• [HOW TO COMPLETE THIS TASK]:
A complete answer lists every line of the material where the string "signatures" occurs.

• [SUPPLIED MATERIAL]:
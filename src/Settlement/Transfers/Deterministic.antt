-- ===== src/Settlement/Transfers/Deterministic.antt =====
-- The settlement transfer of a proposal is determined by it, up to the two signatures.
use peer_hours.Prelude.{
  ◌≡◌, ◌↔◌, inl, inr, ◌∙◌, sym, refl, ap, true, false, none, some, List, arith, ok, text_equality,
  Result-cases, >>=-eq-ok,
}
use peer_hours.Script.Text.{is_blank}
use peer_hours.Script.Number.{strictly_equal, eq_of_strictly_equal, strictly_equal_self}
use peer_hours.Script.Collation.{Collation}
use peer_hours.Domain.Types.{ExchangeProposal}
use peer_hours.Ledger.Types.{TransferAttestation, TransferTerms, Transfer}
use peer_hours.Ledger.Transfers.{create_transfer}
use peer_hours.Ledger.Transfers.Normal.{create_transfer-IsNormal}
use peer_hours.Settlement.Acknowledgements.{
  SettlementAcknowledgement, SettlementConfirmationState, dual_confirmed, is_open,
  resolve_settlement_acknowledgements, ConfirmationStatus-discrete,
}
use peer_hours.Settlement.Acknowledgements.Exact.{exact, IsSettleable, validate_iff}
use peer_hours.Settlement.Acknowledgements.Confirmed.{resolve-confirmed_iff, resolve-admitted}
use peer_hours.Settlement.Transfers.{
  transfer_id_of, settlement_transfer_id, assert_confirmed, validate_settlement_transfer,
  create_settlement_terms, validate_confirmed_transfer, create_confirmed_transfer,
}

-- The terms that settle a proposal.
abbrev pub settlement_terms : ExchangeProposal → TransferTerms
settlement_terms p = record {
  id = transfer_id_of p.id;
  community_id = p.community_id;
  source_proposal_id = some p.id;
  provider_member_id = p.provider_member_id;
  recipient_member_id = p.receiver_member_id;
  minutes = p.minutes;
  reverses_transfer_id = none;
}

-- After the creation: the result is the created transfer, and these are its terms up to its id.
validated_terms :
    (p : ExchangeProposal) (t u v : Transfer)
    → create_transfer t ≡ ok v
    → validate_settlement_transfer p t ≡ ok u
    → (u ≡ v)
      × (strictly_equal v.minutes p.minutes ≡ true)
      × (v.minutes ≡ p.minutes → v.id ≡ transfer_id_of p.id → v.terms ≡ settlement_terms p)
unfolding validate_settlement_transfer
validated_terms p t u v e h = (ground arith, ground arith, λ m i. ground arith)

terms-validated :
    (p : ExchangeProposal) (t u : Transfer)
    → create_transfer t ≡ ok u
    → is_open p ≡ false
    → strictly_equal p.minutes p.minutes ≡ true
    → u.terms ≡ settlement_terms p
    → validate_settlement_transfer p t ≡ ok u
unfolding validate_settlement_transfer
terms-validated p t u e o m same = ground arith

module _ (c : Collation) (p : ExchangeProposal) (given : List SettlementAcknowledgement) where
  abbrev pub IsConfirmed : Type 0
  IsConfirmed =
      (s : SettlementConfirmationState) × (resolve_settlement_acknowledgements c p given ≡ ok s)
      × (s.status ≡ dual_confirmed)

  confirmed_iff : (assert_confirmed c p given ≡ ok tt) ↔ IsConfirmed
  unfolding assert_confirmed
  confirmed_iff = (
    λ h. elim (Result-cases (resolve_settlement_acknowledgements c p given)) [
      | inl (s, e) ↦ (s, e, ground arith)
      | inr (x, e) ↦ absurd (ground arith)
    ],
    λ (s, e, d). ground arith,
  )

  -- A confirmed proposal is accepted, with no blank text and positive whole minutes.
  confirmed-IsSettleable : IsConfirmed → IsSettleable p
  confirmed-IsSettleable (s, e, d) =
      let (o, _) = (resolve-confirmed_iff c p given s e).0 d in
      ((validate_iff p (exact p p.provider_member_id) (exact p p.provider_member_id)).0
        (resolve-admitted c p given s e (exact p p.provider_member_id) o)).0

  settlement_transfer_id_lem :
      is_blank p.id ≡ false → settlement_transfer_id p.id ≡ ok (transfer_id_of p.id)
  unfolding settlement_transfer_id
  settlement_transfer_id_lem h = ground arith

  -- The checks of `validateDualConfirmedSettlementTransfer`, one by one.
  validated_parts :
      (t u : Transfer)
      → validate_confirmed_transfer c p given t ≡ ok u
      → (assert_confirmed c p given ≡ ok tt)
        × (validate_settlement_transfer p t ≡ ok u)
        × (is_blank p.id ≡ false → u.id ≡ transfer_id_of p.id)
  unfolding validate_confirmed_transfer settlement_transfer_id
  validated_parts t u h = elim (Result-cases (assert_confirmed c p given)) [
    | inr (x, e) ↦ absurd (ground arith)
    | inl (done, e) ↦ elim (Result-cases (validate_settlement_transfer p t)) [
      | inr (x, f) ↦ absurd (ground arith)
      | inl (v, f) ↦ (ground arith, ground arith, λ n. ground arith)
    ]
  ]

  created :
      (t u : Transfer)
      → validate_settlement_transfer p t ≡ ok u
      → (v : Transfer) × (create_transfer t ≡ ok v)
  unfolding validate_settlement_transfer
  created t u h = elim (Result-cases (create_transfer t)) [
    | inl (v, e) ↦ (v, e)
    | inr (x, e) ↦ absurd (ground arith)
  ]

  -- `validateDualConfirmedSettlementTransfer` admits a transfer exactly when both participants
  -- confirmed the proposal, the transfer can be created, and its terms are those of the proposal
  -- with the id that the proposal determines; it returns the created transfer.
  pub validate_confirmed_transfer_iff :
      (t u : Transfer)
      → (validate_confirmed_transfer c p given t ≡ ok u)
        ↔ (IsConfirmed × (create_transfer t ≡ ok u) × (u.terms ≡ settlement_terms p))
  validate_confirmed_transfer_iff t u = (
    λ h.
        let (done, valid, named) = validated_parts t u h in
        let confirmed = confirmed_iff.0 done in
        let s = confirmed-IsSettleable confirmed in
        let (v, e) = created t u valid in
        let (same, m, terms) = validated_terms p t u v e valid in
        let same_terms : v.terms ≡ settlement_terms p =
          terms (eq_of_strictly_equal v.minutes p.minutes m) (rw (← same) (named s.id)) in
        (confirmed, e ∙ ap ok (sym same), rw same same_terms),
    λ (confirmed, e, same).
        let s = confirmed-IsSettleable confirmed in
        let valid =
          terms-validated p t u e s.accepted (strictly_equal_self p.minutes s.amount) same in
        let id : u.id ≡ transfer_id_of p.id = ap (λ (x : TransferTerms). x.id) same in
        unfold validate_confirmed_transfer in
        rw (confirmed_iff.1 confirmed, valid, settlement_transfer_id_lem s.id) (ground arith),
  )

  pub create_settlement_terms_iff :
      (terms : TransferTerms)
      → (create_settlement_terms c p given ≡ ok terms)
        ↔ (IsConfirmed × (terms ≡ settlement_terms p))
  unfolding create_settlement_terms settlement_transfer_id
  create_settlement_terms_iff terms = (
    λ h. elim (Result-cases (assert_confirmed c p given)) [
      | inr (x, e) ↦ absurd (ground arith)
      | inl (done, e) ↦
          let confirmed = confirmed_iff.0 e in
          let present = (confirmed-IsSettleable confirmed).id in (confirmed, ground arith)
    ],
    λ (confirmed, same).
        let done = confirmed_iff.1 confirmed in
        let present = (confirmed-IsSettleable confirmed).id in rw (done, same) (ground arith),
  )

  abbrev signed_terms : List TransferAttestation → Transfer
  signed_terms attestations = record { terms = settlement_terms p; attestations = attestations }

  composed_parts :
      (attestations : List TransferAttestation) (u : Transfer)
      → create_confirmed_transfer c p given attestations ≡ ok u
      → (v : Transfer) × (create_transfer (signed_terms attestations) ≡ ok v)
        × (validate_confirmed_transfer c p given v ≡ ok u)
  unfolding create_confirmed_transfer
  composed_parts attestations u h =
      let (terms, e, h₁) = >>=-eq-ok (create_settlement_terms c p given) _ h in
      let (v, f, h₂) =
        >>=-eq-ok (create_transfer (record { terms = terms; attestations = attestations })) _ h₁ in
      let (_, same) = (create_settlement_terms_iff terms).0 e in (v, rw same at f, h₂)

  -- Composing succeeds exactly when both participants confirmed the proposal and the transfer with
  -- the terms of the proposal and the given signatures can be created; the result is that transfer.
  pub create_confirmed_transfer_iff :
      (attestations : List TransferAttestation) (u : Transfer)
      → (create_confirmed_transfer c p given attestations ≡ ok u) ↔ (
          IsConfirmed
          × (create_transfer (record { terms = settlement_terms p; attestations = attestations })
              ≡ ok u))
  create_confirmed_transfer_iff attestations u = (
    λ h.
        let (v, e, valid) = composed_parts attestations u h in
        let (confirmed, f, _) = (validate_confirmed_transfer_iff v u).0 valid in
        let (_, _, normal) = create_transfer-IsNormal (signed_terms attestations) v e in
        let same : u ≡ v = ground (arith, f, normal.again) in (confirmed, e ∙ ap ok (sym same)),
    λ (confirmed, e).
        let (same, _, normal) = create_transfer-IsNormal (signed_terms attestations) u e in
        let terms = (create_settlement_terms_iff (settlement_terms p)).1 (confirmed, refl) in
        let valid = (validate_confirmed_transfer_iff u u).1 (confirmed, normal.again, same) in
        unfold create_confirmed_transfer in rw (terms, e) valid,
  )
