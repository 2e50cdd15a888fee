-- ===== src/Settlement/Transfers/Authorized.antt =====
-- `validateAuthorizedDualConfirmedSettlementTransfer` of packages/timebank-settlement/src/index.ts.
use peer_hours.Prelude.{
  Bool, String, Option, List, ◌≡◌, ◌∙◌, sym, All, Result, ok, ◌>>=◌, >>=-eq-ok, eq_of_ok,
}
use mathlib.Core.Path.{subst}
use peer_hours.Script.Collation.{Collation}
use peer_hours.Domain.Types.{ExchangeProposal}
use peer_hours.Ledger.Types.{TransferTerms, Transfer}
use peer_hours.Ledger.Transfers.{create_transfer}
use peer_hours.Ledger.Transfers.Normal.{create_transfer-IsNormal}
use peer_hours.Identity.Events.{MemberSigningKeyAuthorization}
use peer_hours.Identity.Verifier.{assert_authorized_attestations}
use peer_hours.Identity.Verifier.Indexed.{IsSeparable}
use peer_hours.Identity.Verifier.Admitted.{IsAuthorized, admitted-IsAuthorized}
use peer_hours.Settlement.Acknowledgements.{SettlementAcknowledgement}
use peer_hours.Settlement.Transfers.{validate_confirmed_transfer}
use peer_hours.Settlement.Transfers.Deterministic.{
  settlement_terms, IsConfirmed, validate_confirmed_transfer_iff,
}

-- The parameters are those of the identity package's verifier.
module _ (fingerprint : String → Option String) (is_canonical : String → Bool)
    (digest : TransferTerms → String) (is_signature : String → Bool)
    (verify_bytes : TransferTerms → String → String → Result Bool) (c : Collation) where
  unfoldable pub validate_authorized_transfer :
      ExchangeProposal
      → List SettlementAcknowledgement
      → Transfer
      → List MemberSigningKeyAuthorization
      → Result Transfer
  validate_authorized_transfer proposal acknowledgements input authorizations = do
    transfer ← validate_confirmed_transfer c proposal acknowledgements input
    assert_authorized_attestations fingerprint is_canonical digest is_signature verify_bytes
        transfer authorizations

  -- If the ids of the authorizations hold no NUL character, a transfer is admitted as an authorized
  -- settlement only if both participants have confirmed the exchange, its terms are exactly those
  -- that settle the proposal, and each attestation carries the digest of these terms and a
  -- signature that verifies for them under the key of an active authorization of the attesting
  -- member in the transfer's community.
  pub validate-IsAuthorized :
      (p : ExchangeProposal) (given : List SettlementAcknowledgement) (t u : Transfer)
      (authorizations : List MemberSigningKeyAuthorization)
      → All IsSeparable authorizations
      → validate_authorized_transfer p given t authorizations ≡ ok u
      → IsConfirmed c p given
        × (create_transfer t ≡ ok u)
        × (u.terms ≡ settlement_terms p)
        × All
            (IsAuthorized fingerprint is_canonical digest is_signature verify_bytes authorizations
              u)
            u.attestations
  unfolding validate_authorized_transfer
  validate-IsAuthorized p given t u authorizations separable h =
      let (v, e, f) = >>=-eq-ok (validate_confirmed_transfer c p given t) _ h in
      let (confirmed, made, terms) = (validate_confirmed_transfer_iff c p given t v).0 e in
      let (again, signed) =
        admitted-IsAuthorized fingerprint is_canonical digest is_signature verify_bytes v u
          authorizations separable f in
      let (_, _, normal) = create_transfer-IsNormal t v made in
      let same : v ≡ u = eq_of_ok v u (sym normal.again ∙ again) in
      (
        confirmed,
        subst (λ w. create_transfer t ≡ ok w) same made,
        subst (λ (w : Transfer). w.terms ≡ settlement_terms p) same terms,
        signed,
      )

• [ANSWER FOR THIS EXERCISE]:
-- The settlement transfer of a proposal is determined by it, up to the two signatures.
  -- the terms of the proposal and the given signatures can be created; the result is that transfer.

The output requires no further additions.